- Portrait by Walter Stoneman, c. 1916
- Born: 1861 Norwich, England
- Died: 2 September 1940 (aged 78–79) Dorridge, Warwickshire, England
- Education: King Edward VI School, Norwich Lycée de Valenciennes University of Edinburgh University of Birmingham
- Known for: Research on physiology and hibernation
- Spouse: Hannah Culver
- Children: Geoffroy Carlier; Stuart Edmond Wace Carlier; Gwendoline Isobel Maud Carlier
- Scientific career
- Fields: Physiology; Entomology
- Institutions: University of Edinburgh University of Birmingham

= Edmond Carlier =

Scottish physiologist and entomologist

Dr Edmond William Wace Carlier (1861 – 2 September 1940) was a Scottish physiologist and entomologist. He was the principal examiner in physiology for fellowship in the Royal College of Surgeons from 1909 to 1914.

==Life==

Carlier was born in Norwich, the only son of Marie and Antoine Guillaime Carlier. He was educated at the King Edward VI School in Norwich and then attended the Lycee de Valenciennes in France.

Later he graduated from the University of Edinburgh where he gained an MD on hibernation in 1891 before also receiving a MSc degree from the University of Birmingham. From 1895 he acted as assistant lecturer in physiology at the University of Edinburgh. In 1899 he received a professorship in Physiology from the University of Birmingham. He remained at the University until he retired in 1927.

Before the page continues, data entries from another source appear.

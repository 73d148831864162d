-- ===== src/Zktrie/Opening/Codec.antt =====
-- The bytes of a leaf opening (src/common/zktrie/src/node.rs): `to_bytes` and `parse`.
use mathlib.Core.List.{append_assoc}
use linea_sgx_prover.Bytes.Slices.{slice_mid, slice_end}
use linea_sgx_prover.Prelude.{
  some, ℕ, ◌^◌, ◌<◌, ◌≡◌, ◌↔◌, refl, sym, ap, ◌∙◌, [], ◌++◌, arith, length, length-append,
}
use linea_sgx_prover.Prelude.Results.{Result, ok, expect, >>=-inv, ok_inj}
use linea_sgx_prover.Bytes.{Bytes, slice, slice_from}
use linea_sgx_prover.Bytes.Endian.{length-to_be, from_be-to_be}
use linea_sgx_prover.EthTypes.{EthTypes, Sh256}
use linea_sgx_prover.Zktrie.Opening.{LeafOpening, to_bytes, parse}

-- What Rust's types give: indices of 64 bits and hashes of 32 bytes.
pub record IsTyped (o : LeafOpening) : Type 0 where
  pub prev : o.prev_leaf < 2 ^ 64
  pub next : o.next_leaf < 2 ^ 64
  pub key : length o.hkey ≡ 32
  pub val : length o.hval ≡ 32

-- The bytes of a leaf: its indices of the previous and of the next leaf, and its hashes.
abbrev pub layout : EthTypes → ℕ → ℕ → Sh256 → Sh256 → Bytes
layout eth prev next hkey hval =
    eth.to_big_endian prev ++ (eth.to_big_endian next ++ (hkey ++ hval))

-- Every opening that `parse` returns names one leaf twice.
pub parse-next :
    (eth : EthTypes) {E : Type 0} (buf : Bytes) {o : LeafOpening}
    → parse eth {E = E} buf ≡ ok o
    → o.next_leaf ≡ o.prev_leaf
unfolding parse
parse-next eth {E} buf h =
    let (prev, _, h1) = >>=-inv (slice {E = E} buf 0 32) _ h in
    let (next, _, h2) = >>=-inv (slice {E = E} buf 32 64) _ h1 in
    let (key, _, h3) = >>=-inv (slice {E = E} buf 64 96) _ h2 in
    let (hkey, _, h4) = >>=-inv (expect {E = E} (eth.from_slice key)) _ h3 in
    let (rest, _, h5) = >>=-inv (slice_from {E = E} buf 96) _ h4 in
    let (hval, _, h6) = >>=-inv (expect {E = E} (eth.from_slice rest)) _ h5 in
    let (i, at, h7) = >>=-inv (expect {E = E} (eth.as_u64 (eth.from_big_endian prev))) _ h6 in
    let (j, at', h8) = >>=-inv (expect {E = E} (eth.as_u64 (eth.from_big_endian prev))) _ h7 in
    let same : j ≡ i = ok_inj {E = E} (sym at' ∙ at) in
    let made = ok_inj {E = E} h8 in
    sym (ap (λ o. o.next_leaf) made) ∙ same ∙ ap (λ o. o.prev_leaf) made

module _ (eth : EthTypes) (E : Type 0) where
  index_decodes :
      (i : ℕ)
      → i < 2 ^ 64
      → (length (eth.to_big_endian i) ≡ 32)
        × (eth.as_u64 (eth.from_big_endian (eth.to_big_endian i)) ≡ some i)
  index_decodes i h =
      let small : i < 2 ^ 256 = omega arith in
      let size : length (eth.to_big_endian i) ≡ 32 =
        rw (eth.to_big_endian_lem i small) (length-to_be 32 i) in
      (
        size,
        rw
            (
              eth.from_big_endian_lem (eth.to_big_endian i) size,
              eth.to_big_endian_lem i small,
              from_be-to_be 32 i (omega arith),
            )
            (eth.as_u64_lem i h),
      )

  parse-to_bytes :
      (o : LeafOpening)
      → IsTyped o
      → parse eth {E = E} (to_bytes eth o) ≡ ok (record o { next_leaf = o.prev_leaf })
  unfolding parse to_bytes
  parse-to_bytes o t =
      let a = eth.to_big_endian o.prev_leaf in
      let b = eth.to_big_endian o.next_leaf in
      let (size_a, prev) = index_decodes o.prev_leaf t.prev in
      let (size_b, next) = index_decodes o.next_leaf t.next in
      let c = o.hkey in
      let d = o.hval in
      let third : slice {E = E} (a ++ (b ++ (c ++ d))) 64 96 ≡ ok c =
        rw (append_assoc a b (c ++ d)) at
          (slice_mid E (a ++ b) c d 64 96 (omega (arith, length-append a b)) (omega arith)) in
      let fourth : slice_from {E = E} (a ++ (b ++ (c ++ d))) 96 ≡ ok d =
        rw (append_assoc a (b ++ c) d, append_assoc b c d) at
          (slice_end E (a ++ (b ++ c)) d 96
            (omega (arith, length-append a (b ++ c), length-append b c))) in
      rw
        (
          slice_mid E [] a (b ++ (c ++ d)) 0 32 refl (omega arith),
          slice_mid E a b (c ++ d) 32 64 size_a (omega arith),
          third,
          fourth,
          eth.from_slice_lem c t.key,
          eth.from_slice_lem d t.val,
          prev,
        )
        refl

  -- Reading back an opening that was written gives the opening with `prev_leaf` in the place of
  -- `next_leaf` too, so it survives exactly when its two neighbours are the same leaf.
  pub parse-to_bytes_iff :
      (o : LeafOpening)
      → IsTyped o
      → (parse eth {E = E} (to_bytes eth o) ≡ ok (record o { next_leaf = o.prev_leaf }))
        × ((parse eth {E = E} (to_bytes eth o) ≡ ok o) ↔ (o.prev_leaf ≡ o.next_leaf))
  parse-to_bytes_iff o t = (
    parse-to_bytes o t,
    (
      λ back.
          let e : ◌≡◌ {A = Result E LeafOpening} (ok (record o { next_leaf = o.prev_leaf }))
              (ok o) =
            rw (parse-to_bytes o t) at back in
          cc,
      λ same. rw (parse-to_bytes o t) (λ i. ok (record o { next_leaf = same i })),
    ),
  )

In 1898 he was elected a Fellow of the Royal Society of Edinburgh.

In 1926 he was involved in the bicentenary celebrations of the Medical Faculty at the University of Edinburgh. In his spare time he was a keen butterfly collector.

He died at Morningside in Dorridge in Warwickshire on 2 September 1940.

==Family==
In 1898 he married Hannah Culver (d.1929). They had two sons, Geoffroy Carlier and Stuart Edmond Wace Carlier (1899-1962). His daughter Gwendoline Isobel Maud Carlier was also an academic.